Summary: BLAST Workflow Patterns

TaskTool/Method
Identify unknown sequenceBLAST against NT/NR
Compare strainsPairwise alignment, identity matrix
Track viral evolutionFetch sequences by year/strain, build phylogenetic tree
Detect resistance mutationsCompare against reference, annotate positions
SurveillanceFetch sequences by country/date, characterize mutations

The full industrial-scale version of this workflow (used in real COVID surveillance) runs GISAID-scale databases through NextStrain, uses augur/Nextstrain pipelines for phylogenetic placement, and pushes results to a real-time phylogenetic visualization at nextstrain.org. The underlying logic is exactly what we've covered here — the scale is different, the biology is the same.

GISAID and NCBI as viral sequence sources

For SARS-CoV-2, GISAID (gisaid.org) is the primary repository — over 15 million sequences deposited.
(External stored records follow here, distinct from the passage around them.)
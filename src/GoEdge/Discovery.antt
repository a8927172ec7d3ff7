-- ===== src/GoEdge/Discovery.antt =====
-- DiscoverServer against an EdgeAPI that answers as documented: its count is that of the servers that
-- match, and a page holds those from the offset on.
use goedge_ip_cert.Prelude.{
  ℕ, zero, suc, ◌+◌, ◌*◌, ◌≤◌, ◌≡◌, refl, sym, ap, ◌∙◌, String, true, false, Option, none, some,
  List, [], ◌∷◌, ◌++◌, length, take, drop, take-drop, drop-drop, length-drop, drop_past, Bool-cases,
  inl, inr, arith, ltb, ◌<◌, ◌||◌, ◌==◌, ◌=s=◌,
}
use mathlib.Core.List.{append-nil, append_assoc}
use goedge_ip_cert.Prelude.Int.{pos, leb_ℤ, ltb_ℤ, not_positive, ◌+ℤ◌}
use goedge_ip_cert.Error.{Error, known, server_not_found}
use goedge_ip_cert.Action.{Result, ok, err, Action, on, pass, fail, ◌>>=◌}
use goedge_ip_cert.Action.Success.{bind-ok, refuse-passes, refuse-stops, Result-cases}
use goedge_ip_cert.GoEdge.Model.{Credentials, ServerTarget}
use goedge_ip_cert.GoEdge.Api.{
  ApiRequest, get_token, count_servers, list_servers, number_code, read, TokenResult,
  ServerResponse, Api,
}
use goedge_ip_cert.GoEdge.Client.{
  Session, api_code, to_unix, time_now, decode_envelope, read_body, post, lacks_credentials,
  store_token, accept_token, new_token, cached_token, access_token, decode_data, call_attempt, call,
  exchange, outside_step, get_session, set_token,
}
use goedge_ip_cert.GoEdge.Servers.{
  exact_target, exact_targets, append_found, the_target, lift, pages_of, page_size,
  max_server_candidates, discover_pages, discover_server,
}

-- The API takes the credentials, its tokens have not expired when they arrive, and each request gets
-- its answer by HTTP status 200 and code 200, whatever the token and the state of the outside.
pub record Serves {X D : Type 0} (api : Api X D) (answer : ApiRequest → D) : Type 0 where
  pub credentials : Credentials
  pub given : (x : X) → (api.credentials x).0 ≡ ok credentials
  pub complete : lacks_credentials api credentials ≡ false
  pub token : TokenResult
  pub issued : api.decode.token (answer (get_token credentials)) ≡ some token
  pub nonempty : (token.token =s= "") ≡ false
  pub ahead : (x : X) → leb_ℤ token.expires_at (to_unix (api.now x).0) ≡ false
  pub built : (q : ApiRequest) → api.new_request q ≡ none
  pub sent :
      (q : ApiRequest) (t : String) (x : X)
      → (api.send q t x).0
        ≡ ok (record {
          status = 200;
          body = read 1 (
              some
                (record { code = number_code (pos 200); message = []; payload = some (answer q) }));
        })

module _ {X D : Type 0} (api : Api X D) (answer : ApiRequest → D) (h : Serves api answer) where
  post-Serves :
      (q : ApiRequest) (t : String) (s : Session X)
      → (post api q t s).0
        ≡ ok (
          pos 200,
          record { code = number_code (pos 200); message = []; payload = some (answer q) },
        )
  unfolding post exchange read_body decode_envelope api_code ◌>>=◌
  post-Serves q t s = rw (h.built q, h.sent q t s.outside) refl

  accept-Serves :
      (s : Session X)
      → (accept_token api (some (answer (get_token h.credentials))) s).0 ≡ ok h.token.token
  unfolding accept_token store_token time_now outside_step set_token ◌>>=◌
  accept-Serves s = rw (h.issued, h.nonempty, h.ahead s.outside) refl

  token-Serves : (s : Session X) → (new_token api s).0 ≡ ok h.token.token
  unfolding new_token outside_step
  token-Serves s =
      let s1 = (outside_step api.credentials s).1 in
      let s2 = (post api (get_token h.credentials) "" s1).1 in
      ap (λ r. r.0)
        (bind-ok (outside_step api.credentials) _ s h.credentials (h.given s.outside)
          ∙ refuse-passes _ _ _ s1 h.complete
          ∙ bind-ok (post api (get_token h.credentials) "") _ s1 _ (post-Serves _ "" s1)
          ∙ refuse-passes _ _ _ s2 refl)
      ∙ accept-Serves s2

  access-Serves : (s : Session X) → (t : String) × ((access_token api s).0 ≡ ok t)
  unfolding access_token cached_token get_session time_now outside_step ◌>>=◌
  access-Serves s = elim (Bool-cases (s.token =s= "")) [
    | inl e ↦ (h.token.token, rw (e, access_token) (token-Serves s))
    | inr e ↦ elim (Bool-cases (ltb_ℤ ((api.now s.outside).0 +ℤ pos 60_000_000_000) s.expires_at)) [
      | inl l ↦ (s.token, rw (e, l, access_token) refl)
      | inr l ↦ (h.token.token, rw (e, l, access_token) (token-Serves _))
    ]
  ]

  call-Serves :
      {A : Type 0} (q : ApiRequest) (f : D → Option A) (a : A) (s : Session X)
      → f (answer q) ≡ some a
      → (call api q f s).0 ≡ ok a
  unfolding call call_attempt decode_data pass
  call-Serves q f a s e =
      let t = access-Serves s in
      let s1 = (access_token api s).1 in
      ap (λ r. r.0)
        (bind-ok (access_token api) _ s (t.0) (t.1)
          ∙ bind-ok (post api q (t.0)) _ s1 _ (post-Serves q (t.0) s1))
      ∙ rw (e, decode_data) refl

append-append :
    (xs ys : List ServerTarget) (r : Result (List ServerTarget))
    → append_found xs (append_found ys r) ≡ append_found (xs ++ ys) r
append-append xs ys (ok zs) = ap (λ l. ok l) (sym (append_assoc xs ys zs))
append-append xs ys (err e) = refl

append-on :
    (xs : List ServerTarget) (r z : Result (List ServerTarget))
    → append_found xs (on r (λ found. append_found found z) (λ e. err e))
      ≡ on (append_found xs r) (λ found. append_found found z) (λ e. err e)
append-on xs (ok ys) z = append-append xs ys z
append-on xs (err e) z = refl

append-nothing : (r : Result (List ServerTarget)) → r ≡ append_found [] r
append-nothing (ok ys) = refl
append-nothing (err e) = refl

-- The targets of two pages are those of the pages together.
exact_targets-append :
    (ip : String) (xs ys : List ServerResponse)
    → exact_targets ip (xs ++ ys)
      ≡ on (exact_targets ip xs) (λ found. append_found found (exact_targets ip ys)) (λ e. err e)
unfolding exact_targets
exact_targets-append ip [] ys = append-nothing (exact_targets ip ys)
exact_targets-append ip (x ∷ xs) ys = elim (Result-cases (exact_target ip x)) [
  | inr (e, p) ↦ rw (p, exact_targets) refl
  | inl (found, p) ↦
      rw (p, exact_targets)
        (ap (λ r. append_found found r) (exact_targets-append ip xs ys)
          ∙ append-on found (exact_targets ip xs) (exact_targets ip ys))
]

-- No more servers, no more targets.
none_left :
    (ip : String) (rest : List ServerResponse) (exact : List ServerTarget)
    → rest ≡ []
    → ok exact ≡ append_found exact (exact_targets ip rest)
unfolding exact_targets
none_left ip [] exact h = ap (λ l. ok l) (sym (append-nil exact))
none_left ip (x ∷ rest) exact h = absurd cc

-- The targets of a page and of what comes after it.
page-targets :
    (ip : String) (rest : List ServerResponse)
    → exact_targets ip rest
      ≡ on
          (exact_targets ip (take page_size rest))
          (λ found. append_found found (exact_targets ip (drop page_size rest)))
          (λ e. err e)
page-targets ip rest =
    ap (λ servers. exact_targets ip servers) (sym (take-drop page_size rest))
    ∙ exact_targets-append ip (take page_size rest) (drop page_size rest)

after_page :
    (ip : String) (rest : List ServerResponse) (exact found : List ServerTarget)
    → exact_targets ip (take page_size rest) ≡ ok found
    → append_found (exact ++ found) (exact_targets ip (drop page_size rest))
      ≡ append_found exact (exact_targets ip rest)
after_page ip rest exact found p =
    rw (page-targets ip rest, p)
      (sym (append-append exact found (exact_targets ip (drop page_size rest))))

failed_page :
    (ip : String) (rest : List ServerResponse) (exact : List ServerTarget) (e : Error)
    → exact_targets ip (take page_size rest) ≡ err e
    → err e ≡ append_found exact (exact_targets ip rest)
failed_page ip rest exact e p = rw (page-targets ip rest, p) refl

page_short : (n : ℕ) → (n == 0 || ltb n page_size) ≡ true → n < page_size
page_short n h = ground arith

empty_rest : (rest : List ServerResponse) → length rest ≤ page_size * 0 → rest ≡ []
empty_rest [] h = refl
empty_rest (x ∷ rest) h = absurd (omega arith)

module _ {X D : Type 0} (api : Api X D) (answer : ApiRequest → D) (h : Serves api answer)
    (ip : String) (all : List ServerResponse)
    (pages : (offset : ℕ)
      → api.decode.servers (answer (list_servers (some ip) offset))
        ≡ some (take page_size (drop offset all))) where
  -- The loop goes through what is left of the servers.
  pages-rest :
      (rounds offset : ℕ) (exact : List ServerTarget) (s : Session X)
      → length (drop offset all) ≤ page_size * rounds
      → (discover_pages api rounds offset ip exact s).0
        ≡ append_found exact (exact_targets ip (drop offset all))
  unfolding discover_pages pass fail ◌>>=◌
  pages-rest zero offset exact s le =
      none_left ip (drop offset all) exact (empty_rest (drop offset all) le)
  pages-rest (suc rounds) offset exact s le =
      let rest = drop offset all in
      let page = take page_size rest in
      let request = call api (list_servers (some ip) offset) api.decode.servers in
      let s1 = (request s).1 in
      let called =
        ap (λ r. r.0)
          (bind-ok request _ s page (call-Serves api answer h _ _ page s (pages offset))) in
      elim (Result-cases (exact_targets ip page)) [
        | inr (e, p) ↦ called ∙ rw p (failed_page ip rest exact e p)
        | inl (found, p) ↦ elim (Bool-cases (length page == 0 || ltb (length page) page_size)) [
          | inl short ↦
              called
              ∙ rw (p, short)
                  (none_left ip (drop page_size rest) (exact ++ found)
                    (drop_past page_size rest (page_short (length page) short)))
              ∙ after_page ip rest exact found p
          | inr full ↦
              let next = drop-drop offset page_size all in
              called
              ∙ rw (p, full)
                  (pages-rest rounds (offset + page_size) (exact ++ found) s1
                    (rw (← next, length-drop page_size rest) (omega arith)))
              ∙ ap (λ l. append_found (exact ++ found) (exact_targets ip l)) (sym next)
              ∙ after_page ip rest exact found p
        ]
      ]

-- What DiscoverServer means: the one target among all servers that match.
abbrev pub choose : String → List ServerResponse → Result ServerTarget
choose ip all = on (exact_targets ip all) (λ targets. the_target targets) (λ e. err e)

pages_enough : (n : ℕ) → n ≤ page_size * pages_of (pos n)
pages_enough n = omega arith

is_some_count : (n : ℕ) → not_positive (pos (suc n)) ≡ false
is_some_count n = ground arith

few_count : (n : ℕ) → n ≤ 10_000 → ltb_ℤ max_server_candidates (pos n) ≡ false
few_count n h = ground arith

none_at_all : (ip : String) → choose ip [] ≡ err (known server_not_found)
unfolding exact_targets the_target
none_at_all ip = refl

-- A last step that changes nothing.
bind-lift :
    {X A B : Type 0} (m : Action (Session X) A) (f : A → Result B) (s : Session X) (r : Result A)
    → (m s).0 ≡ r
    → ((m >>= λ a. lift (f a)) s).0 ≡ on r (λ a. f a) (λ e. err e)
unfolding ◌>>=◌
bind-lift m f s (err e) h = rw h refl
bind-lift m f s (ok a) h = elim (Result-cases (f a)) [
  | inl (b, e) ↦ rw (h, e) refl
  | inr (x, e) ↦ rw (h, e) refl
]

-- On an EdgeAPI that answers every request and pages the servers that match as documented, at most
-- 10,000 of them, DiscoverServer finds in its pages what a search through all the servers at once
-- finds: the same target, or the same error.
pub discover_server-choose :
    {X D : Type 0} (api : Api X D) (answer : ApiRequest → D) (ip : String)
    (all : List ServerResponse) (s : Session X)
    → Serves api answer
    → api.decode.count (answer (count_servers (some ip))) ≡ some (pos (length all))
    → ((offset : ℕ)
        → api.decode.servers (answer (list_servers (some ip) offset))
          ≡ some (take page_size (drop offset all)))
    → length all ≤ 10_000
    → (discover_server api ip s).0 ≡ choose ip all
unfolding discover_server
discover_server-choose api answer ip [] s h count pages few =
    let request = call api (count_servers (some ip)) api.decode.count in
    ap (λ r. r.0)
      (bind-ok request _ s _ (call-Serves api answer h _ _ (pos 0) s count)
        ∙ refuse-stops _ _ _ (request s).1 refl)
    ∙ sym (none_at_all ip)
discover_server-choose api answer ip (x ∷ all) s h count pages few =
    let request = call api (count_servers (some ip)) api.decode.count in
    let n = length (x ∷ all) in
    let s1 = (request s).1 in
    ap (λ r. r.0)
      (bind-ok request _ s _ (call-Serves api answer h _ _ (pos n) s count)
        ∙ refuse-passes _ _ _ s1 (is_some_count (length all))
        ∙ refuse-passes _ _ _ s1 (few_count n few))
    ∙ bind-lift (discover_pages api (pages_of (pos n)) 0 ip []) the_target s1 _ (
        pages-rest api answer h ip (x ∷ all) pages (pages_of (pos n)) 0 [] s1 (pages_enough n)
        ∙ sym (append-nothing (exact_targets ip (x ∷ all))))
Access requires registration and agreeing to data sharing terms.

NCBI's Virus portal (ncbi.nlm.nih.gov/labs/virus) provides a web and API interface for SARS-CoV-2 and other virus sequences from GenBank, with filtering by country, date, host, and genome completeness.

For influenza, NCBI's Influenza Database (ncbi.nlm.nih.gov/genomes/FLU) provides full genome sequences with standardized segment labels.